# Thread: Area of outter hexagon in circle

1. ## Area of outter hexagon in circle

Consider a circle with radius r. How do i work out the area of the circumscribe hexagon? I have managed to work out the area of the inner to be 3asqrt{r^2-a^2}.

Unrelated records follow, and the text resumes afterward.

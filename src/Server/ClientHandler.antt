-- ===== src/Server/ClientHandler.antt =====
-- ServerUDTC++_v3/ClientHandler.cpp: how a handler opens packets of the secure session, exchanges
-- control messages and names a client. The bytes of a packet are what recvAll has read; logging and
-- the time that a reply is delayed are left out.
use transfer_udt.Common.{
  ℕ, ◌+◌, ◌^◌, ◌-◌, ◌/◌, ◌%◌, Bool, true, false, not, ◌||◌, ◌&&◌, Option, none, some, List, [], ◌∷◌,
  ◌++◌, ltb, leb, length, ◌==◌, if◌then◌else◌,
}
use transfer_udt.Common.Bytes.{Bytes, bytes_eq, codes}
use transfer_udt.SecurePacket.Crypto.{CryptoOps, Result, ok, err}
use transfer_udt.SecurePacket.Hex.{hex_digit}
use transfer_udt.SecurePacket.Envelope.{is_encrypted_packet}
use transfer_udt.SecurePacket.Unseal.{SessionMetadata, decrypt_session_packet}
use transfer_udt.SecurePacket.Control.{
  encrypt_session_control_message, decrypt_session_control_message,
}
pub mod Handshake
mod Replay
mod Names
mod Tests

-- The fields that the secure session uses, the flag `running` and whether the connection is open.
pub record Session : Type 0 where
  pub pre_shared_key : Bytes
  pub session_id : Bytes
  pub expected_secure_inbound_sequence : ℕ
  pub next_secure_outbound_sequence : ℕ
  pub running : Bool
  pub connected : Bool

abbrev pub uint64_max : ℕ
uint64_max = 2 ^ 64 - 1

abbrev pub closed : Session → Session
closed s = record s { connected = false }

abbrev pub stopped : Session → Session
stopped s = record s { connected = false; running = false }

abbrev pub count_up : Session → Session
count_up s = record s { expected_secure_inbound_sequence = s.expected_secure_inbound_sequence + 1 }

-- The test on the sequence number, and the state after it is passed or failed.
abbrev pub check_sequence :
    (Session → Session) → Session → Result (Bytes × SessionMetadata) → Option Bytes × Session
check_sequence refuse s (err e) = (none, refuse s)
check_sequence refuse s (ok (plain, metadata)) =
    if s.expected_secure_inbound_sequence == uint64_max
      || not (metadata.sequence_number == s.expected_secure_inbound_sequence)
    then (none, refuse s)
    else (some plain, count_up s)

module _ (ops : CryptoOps) where
  -- handleClient, from a whole packet to its content; `none` is an exception.
  unfoldable pub open_packet : Bytes → Session → Option Bytes × Session
  open_packet buffer s =
      if not (is_encrypted_packet buffer)
      then (none, s)
      else if bytes_eq s.session_id []
      then (none, stopped s)
      else check_sequence stopped s
          (decrypt_session_packet ops buffer s.pre_shared_key s.session_id)

  unfoldable pub receive_control_message : Bytes → Session → Option Bytes × Session
  receive_control_message buffer s =
      if bytes_eq s.session_id []
      then (none, closed s)
      else check_sequence closed s
          (decrypt_session_control_message ops buffer s.pre_shared_key s.session_id)

  abbrev sent : Result Bytes → Option Bytes
  sent (ok packet) = some packet
  sent (err e) = none

  -- The packet to send, where there is one. The number is used up before the encryption can throw.
  unfoldable pub send_control_message : Option Bytes → Bytes → Session → Option Bytes × Session
  send_control_message random message s =
      if bytes_eq s.session_id [] || (s.next_secure_outbound_sequence == uint64_max)
      then (none, s)
      else (
        sent (
            encrypt_session_control_message ops random message s.pre_shared_key s.session_id
              s.next_secure_outbound_sequence),
        record s { next_secure_outbound_sequence = s.next_secure_outbound_sequence + 1 },
      )

-- std::isalnum in the C locale, and the other characters that stay.
abbrev pub is_plain : ℕ → Bool
is_plain ch =
    (leb 48 ch && leb ch 57)
    || (leb 65 ch && leb ch 90)
    || (leb 97 ch && leb ch 122)
    || (ch == 45)
    || (ch == 46)
    || (ch == 64)

abbrev pub sanitize_char : ℕ → Bytes
sanitize_char ch =
    if is_plain ch then ch ∷ [] else 95 ∷ hex_digit (ch / 16 % 16) ∷ hex_digit (ch % 16) ∷ []

unfoldable pub sanitize : Bytes → Bytes
sanitize [] = []
sanitize (ch ∷ rest) = sanitize_char ch ++ sanitize rest

unfoldable pub build_authenticated_client_namespace : Bytes → Bytes → Bytes
build_authenticated_client_namespace client_ip client_id =
    let sanitized = sanitize client_id in
    if bytes_eq client_id []
    then client_ip
    else if bytes_eq sanitized []
        || bytes_eq sanitized (codes ".")
        || bytes_eq sanitized (codes "..")
    then client_ip
    else codes "id_" ++ sanitized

2. ## Re: Area of outter hexagon in circle

Originally Posted by johnsy123
Consider a circle with radius r. How do i work out the area of the circumscribe hexagon? I have managed to work out the area of the inner to be 3asqrt{r^2-a^2}.
Inner hexagon:

You can see that the radius of the circle is the length of each equilateral triangle, so evaluating the area of each equilateral triangle using Heron's Formula:

\displaystyle \begin{align*} s &= \frac{r + r + r}{2} \\ &= \frac{3r}{2} \\ \\ A &= \sqrt{s(s - r)(s - r)(s - r)} \\ &= \sqrt{\frac{3r}{2}\left(\frac{3r}{2} - r\right)\left(\frac{3r}{2} - r\right)\left(\frac{3r}{2} - r\right)} \\ &= \sqrt{\frac{3r}{2} \cdot \frac{r}{2} \cdot \frac{r}{2} \cdot \frac{r}{2}} \\ &= \sqrt{\frac{3r^4}{16}} \\ &= \frac{\sqrt{3}\,r^2}{4}\end{align*}

So the area of the hexagon is

\displaystyle \begin{align*} 6\cdot \frac{\sqrt{3}\,r^2}{4} &= \frac{3\sqrt{3}\,r^2}{2}\textrm{ units}^2 \end{align*}

Outer hexagon:

You can see that the radius of the circle is the height of each equilateral triangle, and splits each equilateral triangle into two triangles with the sides in the ratio \displaystyle \begin{align*} 1, \sqrt{3}, 2 \end{align*}. So the if the height of each triangle is \displaystyle \begin{align*} r \end{align*}, then the base is \displaystyle \begin{align*} \frac{2r}{\sqrt{3}} \end{align*}.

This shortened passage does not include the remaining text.